• Work item
Pick out all lines of the entries that include the word "panics" and copy them.

(Dataset excerpts)
★ ★ ★ ★ ★ ★ ★
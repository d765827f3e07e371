-- ===== src/Filter/Match.antt =====
-- `MatchFilter` of lmd/filter.go and the functions below it. A test may panic, so it returns a
-- `Result Panic Bool`.
use lmd.Prelude.{
  is_nil, ℕ, suc, Bool, true, false, not, ◌&&◌, Option, none, some, List, [], ◌∷◌, map, Bytes,
  codes, equal, bytes_less, Result, ok, err, ◌>>=◌, length, ◌==◌, if◌then◌else◌,
}
use lmd.Prelude.Int.{pos}
use lmd.Prelude.Dict.{Dict, lookup, insert}
use lmd.Runtime.{Go, Panic, raised, type_assertion, nil_dereference}
use lmd.Runtime.Dynamic.{
  Value, null, bool, float, int, str, list, dict, nil, cons, Fields, end, field, to_list,
}
use lmd.Objects.{
  ColumnType, string_col, string_list_col, int_col, int_list_col, float_col, time_col,
  custom_var_col,
}
use lmd.Text.{to_lower, to_upper}
use lmd.Filter.{
  Operator, equal_to, unequal, equal_nocase, unequal_nocase, regex_match, regex_match_not,
  regex_no_case_match, regex_no_case_match_not, less, less_than, greater, greater_than,
  group_contains_not, Condition,
}
use lmd.Filter.Parse.Value.{value_type}

module _ (go : Go) where
  open go use {Float, float_eq, float_lt, float_le, of_int, format_value, Regexp, match_string}

  unfoldable pub number_to_float : Value Float → Float
  number_to_float (float v) = v
  number_to_float (int v) = of_int v
  number_to_float (bool true) = of_int (pos 1)
  number_to_float _ = of_int (pos 0)

  unfoldable pub match_number : Operator → Float → Float → Bool
  match_number equal_to a b = float_eq a b
  match_number unequal a b = not (float_eq a b)
  match_number less a b = float_lt a b
  match_number less_than a b = float_le a b
  match_number greater a b = float_lt b a
  match_number greater_than a b = float_le b a
  match_number _ a b = false

  unfoldable pub match_empty : Operator → Bool
  match_empty unequal = true
  match_empty greater = true
  match_empty greater_than = true
  match_empty _ = false

  -- `strA` of `matchStringValueOperator`
  abbrev pub text_of : Value Float → Bytes
  text_of (str s) = s
  text_of null = []
  text_of v = format_value v

  -- a regular expression that is nil faults
  abbrev regexp_test : Option Regexp → Bytes → Result Panic Bool
  regexp_test none s = err nil_dereference
  regexp_test (some re) s = ok (match_string re s)

  abbrev negated : Result Panic Bool → Result Panic Bool
  negated r = r >>= λ b. ok (not b)

  unfoldable pub match_text : Operator → Bytes → Bytes → Option Regexp → Result Panic Bool
  match_text equal_to a b re = ok (equal a b)
  match_text unequal a b re = ok (not (equal a b))
  match_text equal_nocase a b re = ok (equal (to_lower a) (to_lower b))
  match_text unequal_nocase a b re = ok (not (equal (to_lower a) (to_lower b)))
  match_text regex_match a b re = regexp_test re a
  match_text regex_match_not a b re = negated (regexp_test re a)
  match_text regex_no_case_match a b re = regexp_test re (to_lower a)
  match_text regex_no_case_match_not a b re = negated (regexp_test re (to_lower a))
  match_text less a b re = ok (bytes_less a b)
  match_text less_than a b re = ok (not (bytes_less b a))
  match_text greater a b re = ok (bytes_less b a)
  match_text greater_than a b re = ok (not (bytes_less a b))
  match_text _ a b re = ok false

  -- `reflect.ValueOf(v).Len()`: of lists, strings and maps; any other kind panics.
  abbrev field_count : Fields Float → ℕ
  field_count end = 0
  field_count (field k v fs) = suc (field_count fs)

  abbrev pub value_length : Value Float → Result Panic ℕ
  value_length null = ok 0
  value_length (list vs) = ok (length (to_list vs))
  value_length (str s) = ok (length s)
  value_length (dict fs) = ok (field_count fs)
  value_length _ = err type_assertion

  -- What the loops over `list.Index(i)` read. The bytes of a string are neither strings nor numbers
  -- to the loops, as nil is; a map cannot be indexed.
  abbrev pub elements : Value Float → Result Panic (List (Value Float))
  elements null = ok []
  elements (list vs) = ok (to_list vs)
  elements (str s) = ok (map (λ _. null) s)
  elements (dict end) = ok []
  elements _ = err type_assertion

  -- the loop of `GreaterThan`, up to the first hit; an element that is no string panics
  unfoldable pub has_text : Bytes → List (Value Float) → Result Panic Bool
  has_text s [] = ok false
  has_text s (str t ∷ vs) = let rest = has_text s vs in if equal s t then ok true else rest
  has_text s (_ ∷ vs) = err type_assertion

  unfoldable pub has_number : Float → List (Value Float) → Bool
  has_number x [] = false
  has_number x (v ∷ vs) =
      let rest = has_number x vs in if float_eq x (number_to_float v) then true else rest

  unfoldable pub match_string_list : Operator → Bytes → Value Float → Result Panic Bool
  unfolding has_text
  match_string_list equal_to s v = do n ← value_length v; ok (is_nil s && n == 0)
  match_string_list unequal s v = do n ← value_length v; ok (is_nil s && not (n == 0))
  match_string_list greater_than s v = do vs ← elements v; has_text s vs
  match_string_list group_contains_not s v = do vs ← elements v; negated (has_text s vs)
  match_string_list _ s v = do n ← value_length v; ok false

  unfoldable pub match_int_list : Operator → Bool → Float → Value Float → Result Panic Bool
  unfolding has_number
  match_int_list equal_to empty x v = do n ← value_length v; ok (empty && n == 0)
  match_int_list unequal empty x v = do n ← value_length v; ok (empty && not (n == 0))
  match_int_list greater_than empty x v = do vs ← elements v; ok (has_number x vs)
  match_int_list group_contains_not empty x v = do vs ← elements v; ok (not (has_number x vs))
  match_int_list _ empty x v = do n ← value_length v; ok false

  abbrev field_list : Fields Float → Dict (Value Float)
  field_list end = []
  field_list (field k v fs) = (k, v) ∷ field_list fs

  -- `fmt.Sprintf("%v")`
  abbrev pub sprint : Value Float → Bytes
  sprint null = codes "<nil>"
  sprint (str s) = s
  sprint v = format_value v

  -- a pair of a list from icinga2; what is no pair is passed over
  abbrev add_pair : Value Float → Dict (Value Float) → Result Panic (Dict (Value Float))
  add_pair (list (cons (str k) (cons v nil))) m = ok (insert (to_upper k) (str (sprint v)) m)
  add_pair (list (cons _ (cons v nil))) m = err type_assertion
  add_pair _ m = ok m

  pub add_pairs : List (Value Float) → Dict (Value Float) → Result Panic (Dict (Value Float))
  add_pairs [] m = ok m
  add_pairs (v ∷ vs) m = do m' ← add_pair v m; add_pairs vs m'

  -- `interfaceToCustomVarHash`
  unfoldable pub custom_vars : Value Float → Result Panic (Dict (Value Float))
  unfolding add_pairs
  custom_vars (dict fs) = ok (field_list fs)
  custom_vars (list vs) = add_pairs (to_list vs) []
  custom_vars _ = ok []

  abbrev pub custom_text : Bytes → Dict (Value Float) → Bytes
  custom_text tag m = elim (lookup tag m) [ none ↦ [] | some v ↦ text_of v ]

  abbrev match_numeric : Condition go → Value Float → Result Panic Bool
  match_numeric c v = ok (
      if c.is_empty
      then match_empty c.operator
      else match_number c.operator (number_to_float v) c.float_value)

  -- The types that the case for a virtual column leads to are those of `VirtKeyMap`.
  pub match_typed : ColumnType → Condition go → Value Float → Result Panic Bool
  unfolding match_text match_string_list match_int_list match_number match_empty custom_vars
  match_typed string_col c v = match_text c.operator (text_of v) c.str_value c.regexp
  match_typed custom_var_col c v = do
    m ← custom_vars v
    match_text c.operator (custom_text c.custom_tag m) c.str_value c.regexp
  match_typed time_col c v = match_numeric c v
  match_typed int_col c v = match_numeric c v
  match_typed float_col c v = match_numeric c v
  match_typed string_list_col c v = match_string_list c.operator c.str_value v
  match_typed int_list_col c v = match_int_list c.operator c.is_empty c.float_value v
  match_typed _ c v = err raised

  unfoldable pub match_filter : Condition go → Value Float → Result Panic Bool
  unfolding match_typed
  match_filter c v = match_typed (value_type c.column c.column.col_type) c v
★ ★ ★ ★ ★ ★ ★
• Response below
  -- `reflect.ValueOf(v).Len()`: of lists, strings and maps; any other kind panics.
  -- the loop of `GreaterThan`, up to the first hit; an element that is no string panics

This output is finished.